AUTOMATE IMPORTING MULTIPLE SPREADSHEETS - DIFFERENT CHALLENGE
Now you know how to read one spreadsheet with multiple worksheets with the same structure into JMP. However, you may have also faced the challenge “How do I read multiple spreadsheets with the same structure into JMP without manually do this for each file, aka doing it automatically. The short answer, using JMP Scripting Language. Using the Source Script as base you can either rerun this script for each spreadsheet, or you use a for loop looping through all files in a folder. There is a script shared in the community File Exchange you could use (maybe with some adjustments), which exactly does this: Combine-multiple-txt-or-csv-files
In short you do the following steps (just parts of the script shown):
Pick the directory and filter the files that aren’s Excel files
prefilepath = munger(Pick Directory( "Browse to the Directory of the Target Excel Files " ),1,"/","");
filepath = Convert File Path( prefilepath, Windows );
prefilelist = Files In Directory( filepath );
//filter out any non-Excel files
For( i2 = 1, n2 >= i2, i2++,
If( Item( 2, prefilelist[i2], "." ) == "xls" | Item( 2, prefilelist[i2], "." ) == "xlsx",
Insert Into( filelist,file),
Loop through the files and import them. To save memory open just two and update the first imported table with the new one, close the latter and open the next. Otherwise you may have issues on Windows because of the number of window handles used as well as of memory used (in case of many or very large spreadsheets.

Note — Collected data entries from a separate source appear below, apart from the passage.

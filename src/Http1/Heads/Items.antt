-- ===== src/Http1/Heads/Items.antt =====
-- The header lines of a head: written, read and parsed.
use decrypt0r_x.Prelude.{
  ℕ, zero, suc, ◌+◌, ◌≤◌, ◌<◌, ◌≡◌, refl, sym, ap, ◌∙◌, true, false, ◌&&◌, List, [], ◌∷◌, ◌++◌, map,
  append_assoc, append-nil, arith, length, length-append, ltb, ◌==◌,
}
use decrypt0r_x.Text.{Text, codes, strip, strip_by, is_byte_space}
use decrypt0r_x.Result.{ok}
use decrypt0r_x.Http1.Headers.{crlf, serialize_items}
use decrypt0r_x.Http1.Heads.{
  finished, again, is_empty, head_round, head_lines, is_folded, parse_line, parse_headers,
}
use decrypt0r_x.Http1.Heads.Lines.{
  absent, absent-append, readline-crlf, rstrip-crlf, partition-append, blank_line-long,
}

-- a header that a line can hold: no line end, no colon and no blanks around the name, none around the
-- value
pub record IsItem (item : Text × Text) : Type 0 where
  pub name_line : (absent 10 item.0 && absent 13 item.0) ≡ true
  pub value_line : (absent 10 item.1 && absent 13 item.1) ≡ true
  pub name_colon : absent 58 item.0 ≡ true
  pub name_start : is_folded item.0 ≡ false
  pub name_strip : strip item.0 ≡ item.0
  pub value_strip : strip item.1 ≡ item.1

abbrev pub AllItems : List (Text × Text) → Type 0
AllItems [] = Unit {0}
AllItems (item ∷ items) = IsItem item × AllItems items

abbrev pub item_text : Text × Text → Text
item_text (key, value) = key ++ 58 ∷ 32 ∷ value

abbrev pub item_line : Text × Text → Text
item_line item = item_text item ++ crlf

abbrev pub rest_of : List (Text × Text) → Text → Text
rest_of items tail = serialize_items items ++ (crlf ++ tail)

rest-cons :
    (item : Text × Text) (items : List (Text × Text)) (tail : Text)
    → rest_of (item ∷ items) tail ≡ item_text item ++ 13 ∷ 10 ∷ rest_of items tail
rest-cons (key, value) items tail =
    append_assoc (key ++ codes ": " ++ value ++ crlf) (serialize_items items) (crlf ++ tail)
    ∙ append_assoc (key ++ codes ": " ++ value) crlf (rest_of items tail)
    ∙ ap (λ t. t ++ 13 ∷ 10 ∷ rest_of items tail) (append_assoc key (codes ": ") value)

text_absent :
    (c : ℕ) (key value : Text)
    → (c == 58) ≡ false
    → (c == 32) ≡ false
    → absent c key ≡ true
    → absent c value ≡ true
    → absent c (key ++ 58 ∷ 32 ∷ value) ≡ true
text_absent c key value a b k v = rw (absent-append c key (58 ∷ 32 ∷ value), k, v) (ground arith)

start_folded : (key rest : Text) → is_folded key ≡ false → is_folded (key ++ 58 ∷ rest) ≡ false
start_folded [] rest h = refl
start_folded (c ∷ key) rest h = h

parse_line-item :
    (key value : Text) (items : List (Text × Text))
    → IsItem (key, value)
    → parse_line (item_text (key, value)) items ≡ ok (items ++ (key, value) ∷ [])
parse_line-item key value items h = rw (
  start_folded key (32 ∷ value) h.name_start,
  partition-append 58 key (32 ∷ value) h.name_colon,
  h.name_strip,
  h.value_strip,
)

-- parsing the lines of the items adds them in order
pub parse_headers-lines :
    (items before : List (Text × Text))
    → AllItems items
    → parse_headers (map item_line items) before ≡ ok (before ++ items)
unfolding parse_headers
parse_headers-lines [] before h = ap ok (sym (append-nil before))
parse_headers-lines ((key, value) ∷ items) before h =
    rw
      (
        rstrip-crlf (item_text (key, value))
            (text_absent 10 key value refl refl (ground (arith, h.0.name_line))
              (ground (arith, h.0.value_line)))
            (text_absent 13 key value refl refl (ground (arith, h.0.name_line))
              (ground (arith, h.0.value_line))),
        parse_line-item key value before h.0,
      )
      (parse_headers-lines items (before ++ (key, value) ∷ []) h.1
        ∙ ap ok (append_assoc before ((key, value) ∷ []) items))

-- a line that is long enough not to be blank is kept, within the limits
pub head_round-line :
    (lines : List Text) (total : ℕ) (t : Text)
    → 3 ≤ length t
    → total + length t ≤ 65536
    → length lines + 1 ≤ 200
    → (is_empty lines && is_empty (strip_by is_byte_space t)) ≡ false
    → head_round lines total t ≡ ok (again (lines ++ t ∷ []) (total + length t))
unfolding head_round
head_round-line lines total [] long size count kept = absurd (omega arith)
head_round-line lines total (c ∷ more) long size count kept =
    let within : ltb 65536 (total + length (c ∷ more)) ≡ false = ground arith in
    let few : ltb 200 (length (lines ++ (c ∷ more) ∷ [])) ≡ false =
      ground (arith, length-append lines ((c ∷ more) ∷ [])) in
    rw (within, blank_line-long (c ∷ more) long, kept, few)

pub length-item_line :
    (key value : Text) → length (item_line (key, value)) ≡ length key + length value + 4
length-item_line key value =
    ground (arith, length-append (key ++ 58 ∷ 32 ∷ value) crlf, length-append key (58 ∷ 32 ∷ value))

pub length-serialize :
    (key value : Text) (items : List (Text × Text))
    → length (serialize_items ((key, value) ∷ items))
      ≡ length key + length value + 4 + length (serialize_items items)
length-serialize key value items = ground (
  arith,
  length-append (key ++ codes ": " ++ value ++ crlf) (serialize_items items),
  length-append (key ++ codes ": " ++ value) crlf,
  length-append (key ++ codes ": ") value,
  length-append key (codes ": "),
)

length-item_text :
    (key value : Text) → length (item_text (key, value)) ≡ length key + length value + 2
length-item_text key value = ground (arith, length-append key (58 ∷ 32 ∷ value))

-- the loop, from a line on that is not the first
pub head_lines-items :
    (fuel : ℕ) (items : List (Text × Text)) (l : Text) (lines : List Text) (total : ℕ) (tail : Text)
    (sizes : List ℕ)
    → AllItems items
    → length items < fuel
    → length (l ∷ lines) + length items ≤ 200
    → total + length (serialize_items items) + 2 ≤ 65536
    → head_lines fuel (l ∷ lines) total (record { rest = rest_of items tail; sizes = sizes })
      ≡ ok ((l ∷ lines) ++ map item_line items, record { rest = tail; sizes = sizes })
unfolding head_lines
head_lines-items zero items l lines total tail sizes all fueled count size = absurd (omega arith)
head_lines-items (suc fuel) [] l lines total tail sizes all fueled count size =
    let within : ltb 65536 (total + 2) ≡ false = ground arith in
    let closing : head_round (l ∷ lines) total crlf ≡ ok (finished (l ∷ lines)) =
      unfold head_round in rw within in
    rw (readline-crlf [] tail sizes refl (omega arith), closing, append-nil)
head_lines-items (suc fuel) ((key, value) ∷ items) l lines total tail sizes all fueled count size =
    let whole = length-serialize key value items in
    let text = length-item_text key value in
    let line = length-item_line key value in
    let kept : head_round (l ∷ lines) total (item_line (key, value))
        ≡ ok (
            again ((l ∷ lines) ++ item_line (key, value) ∷ [])
              (total + length (item_line (key, value)))) =
      head_round-line (l ∷ lines) total (item_line (key, value)) (omega arith) (omega arith)
        (omega arith) refl in
    let lineless : absent 10 (item_text (key, value)) ≡ true =
      text_absent 10 key value refl refl (ground (arith, all.0.name_line))
        (ground (arith, all.0.value_line)) in
    rw
      (
        rest-cons (key, value) items tail,
        readline-crlf (item_text (key, value)) (rest_of items tail) sizes lineless (omega arith),
        kept,
      )
      (head_lines-items fuel items l (lines ++ item_line (key, value) ∷ [])
          (total + length (item_line (key, value))) tail sizes all.1 (omega arith)
          (ground (arith, length-append lines (item_line (key, value) ∷ []))) (omega arith)
        ∙ ap (λ ls. ok (ls, record { rest = tail; sizes = sizes }))
            (append_assoc (l ∷ lines) (item_line (key, value) ∷ []) (map item_line items)))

n=nitems(filelist); //number of items in the working list
cctable= New Table( "Combined data table");//make an empty table
ExcelSheetName = "Sheet1"; // change this if you have a special sheet name you want to read the data from
//Iterate through building the SQL string to query the Excel files
For( i = 1, i < n+1, i++,
filenow = ( filelist[i] );
dt=open(fileopen, Worksheets( ExcelSheetName ) );
dt << New Column( "File Name", formula( filenow ) );
cctable << Concatenate( Data Table( dt ), Append to first table );
Close( dt, NoSave );
);//end of for loop
So far you have read about several ways to import trivial structured data, as well how to handle hierarchical and/or merged data sets using the Excel Import Wizard in JMP. Finally I showed you ways to import multiple worksheets at once and how to automatically read multiple Excel sheets with a JSL Script. In my next post I will talk about potential challenges based on the format of the data and others.
I’m looking forward to your comments and shared experiences.